The former televangist and host of the religious television program “The PTL Club” attends ceremonies honoring Grammy award-winning brother and sister gospel recording artists Bebe and Cece Winans, with their star on the Hollywood walk of fame in Hollywood October 20, 2011.

Bakker hired the Winans in 1982 as part of the singing group “The PTL Singers”.


In 2005, Rosa Parks, who galvanized the U.S. civil rights movement, died at the age of 92.

On December 1, 1955, in Montgomery, Alabama, Parks refused to obey bus driver James Blake’s order that she give up her seat to a white passenger. Her action sparked a bus boycott.

Civil rights crusader Parks was seen waving as she listened to President Bill Clinton’s address on race relations at the white house September 18, 1998.

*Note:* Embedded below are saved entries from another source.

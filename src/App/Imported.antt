-- ===== src/App/Imported.antt =====
-- main.go and rulesets.go: the hash that `ruleset-hash` prints is the one under which the service stores
-- the same bytes.
use compliance_gateway.Common.{
  Result, err, sym, Bool, true, false, ap, bind_ok, require, ◌≡◌, refl, ◌∙◌, inl, inr, not, Option,
  none, some, List, [], ◌∷◌, ◌++◌, any, arith, Bool-cases, ok, or_err, or_err_ok, Holds, holds,
  fails, Holds-ok, require-Holds, subst,
}
use compliance_gateway.Text.{Text, text_eq}
use compliance_gateway.Text.Laws.{text_eq_eq, text_eq_refl}
use compliance_gateway.Rules.Parse.{Parsed, parse}
use compliance_gateway.Pipeline.{Err, internal, conflict}
use compliance_gateway.Pipeline.Env.{Env}
use compliance_gateway.Pipeline.Store.{Db, RulesetRow}
use compliance_gateway.Pipeline.Rulesets.{
  find_ruleset, draft, insert_over, insert_ruleset, after_insert, after_parse, import_ruleset,
}
use compliance_gateway.App.Command.{ruleset_hash, bad_ruleset}

found_added :
    (d : RulesetRow) (rs : List RulesetRow)
    → find_ruleset d.version rs ≡ none
    → find_ruleset d.version (rs ++ d ∷ []) ≡ some d
unfolding find_ruleset
found_added d [] h = rw (text_eq_refl d.version) refl
found_added d (r ∷ rs) h = ground (arith, found_added d rs)

-- A row of this version is there, with the hash that is answered.
abbrev pub IsStored : Text → Text → Db → Type 0
IsStored version hash db =
    (r : RulesetRow) × (find_ruleset version db.rulesets ≡ some r) × (r.ruleset_hash ≡ hash)

insert_over-IsStored :
    (d : RulesetRow) (db : Db) (o : Option RulesetRow)
    → find_ruleset d.version db.rulesets ≡ o
    → Holds (λ out. IsStored d.version out.0 out.1) (insert_over d db o)
insert_over-IsStored d db (some r) h = elim (Bool-cases r.approved) [
  | inl y ↦ rw y fails
  | inr z ↦ rw z (holds (r, h, refl))
]
insert_over-IsStored d db none h =
    require-Holds (not (any (λ r. text_eq r.ruleset_hash d.ruleset_hash) db.rulesets)) internal _
      λ _. holds (d, found_added d db.rulesets h, refl)

insert_ruleset-IsStored :
    (d : RulesetRow) (db : Db) → Holds (λ out. IsStored d.version out.0 out.1) (insert_ruleset d db)
unfolding insert_ruleset
insert_ruleset-IsStored d db = insert_over-IsStored d db _ refl

parsed_ok :
    (env : Env) (raw v h : Text)
    → ruleset_hash env raw ≡ ok (v, h)
    → (p : Parsed) × (parse env.decode_ruleset env.decode env.set_string env.sha raw ≡ some p)
      × (env.utf8 p.rules.version ≡ v)
      × (p.hash ≡ h)
unfolding ruleset_hash
parsed_ok env raw v h e =
    let read = parse env.decode_ruleset env.decode env.set_string env.sha raw in
    let (p, f, g) = bind_ok (or_err bad_ruleset read) _ e in
    (p, or_err_ok bad_ruleset read f, cc, cc)

ok_pair : {a b : Text × Text} → ◌≡◌ {A = Result Err (Text × Text)} (ok a) (ok b) → a ≡ b
ok_pair e = cc

passed : (b : Bool) {u : Unit {0}} → require b conflict ≡ ok u → b ≡ true
passed true h = refl
passed false h = cc

after_insert-IsStored :
    (env : Env) (p : Parsed) (db : Db) (r : Result Err (Text × Db)) {w k : Text} {after : Db}
    → Holds (λ out. IsStored (draft env p).version out.0 out.1) r
    → after_insert env p db r ≡ (ok (w, k), after)
    → (w ≡ env.utf8 p.rules.version)
      × (k ≡ p.hash)
      × IsStored (env.utf8 p.rules.version) p.hash after
after_insert-IsStored env p db (err e) h same = cc
after_insert-IsStored env p db (ok stored) {w} {k} {after} h same =
    let (_, t, g) = bind_ok (require (text_eq stored.0 p.hash) conflict) _ (ap (λ x. x.0) same) in
    let y = passed (text_eq stored.0 p.hash) t in
    (
      sym (ap (λ x. x.0) (ok_pair g)),
      sym (ap (λ x. x.1) (ok_pair g)),
      subst (IsStored (env.utf8 p.rules.version) p.hash) (ap (λ x. x.1) same) (
          subst (λ h. IsStored (env.utf8 p.rules.version) h stored.1) (text_eq_eq stored.0 p.hash y)
            (Holds-ok h refl)),
    )

import_ruleset-IsStored :
    (env : Env) (raw : Text) (p : Parsed) (db : Db) {w k : Text} {after : Db}
    → parse env.decode_ruleset env.decode env.set_string env.sha raw ≡ some p
    → import_ruleset env raw db ≡ (ok (w, k), after)
    → (w ≡ env.utf8 p.rules.version)
      × (k ≡ p.hash)
      × IsStored (env.utf8 p.rules.version) p.hash after
unfolding import_ruleset
import_ruleset-IsStored env raw p db e f =
    after_insert-IsStored env p db (insert_ruleset (draft env p) db)
      (insert_ruleset-IsStored (draft env p) db) (sym (ap (after_parse env db) e) ∙ f)

-- When `ruleset-hash` prints a version and a hash of some bytes, and the service imports the same
-- bytes, then it answers with this version and this hash, and it has stored a ruleset of this version
-- with this hash.
pub ruleset_hash-import_ruleset :
    (env : Env) (raw v h w k : Text) (db after : Db)
    → ruleset_hash env raw ≡ ok (v, h)
    → import_ruleset env raw db ≡ (ok (w, k), after)
    → (w ≡ v) × (k ≡ h) × IsStored v h after
ruleset_hash-import_ruleset env raw v h w k db after e f =
    let (p, g, a, b) = parsed_ok env raw v h e in
    let (x, y, z) = import_ruleset-IsStored env raw p db g f in
    (
      x ∙ a,
      y ∙ b,
      subst (λ u. IsStored u h after) a
          (subst (λ u. IsStored (env.utf8 p.rules.version) u after) b z),
    )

Clinton’s initiative on race concluded a 15-month assessment of U.S. race relations in the country which showed that despite great progress, much more is needed, as the population expands from primarily whites and blacks, to increasing numbers of Hispanics and Asian Americans.


In 2007, the world’s most premature living baby was born in Miami.

Baby Amillia Sonja Taylor’s feet were held in contrast with adult hands, just after her birth at Baptist Children’s Hospital in Miami, Florida.

Taylor, only slightly longer than a ballpoint pen at birth, was due to be sent home in the coming days from a Florida hospital after four months of neonatal intensive care.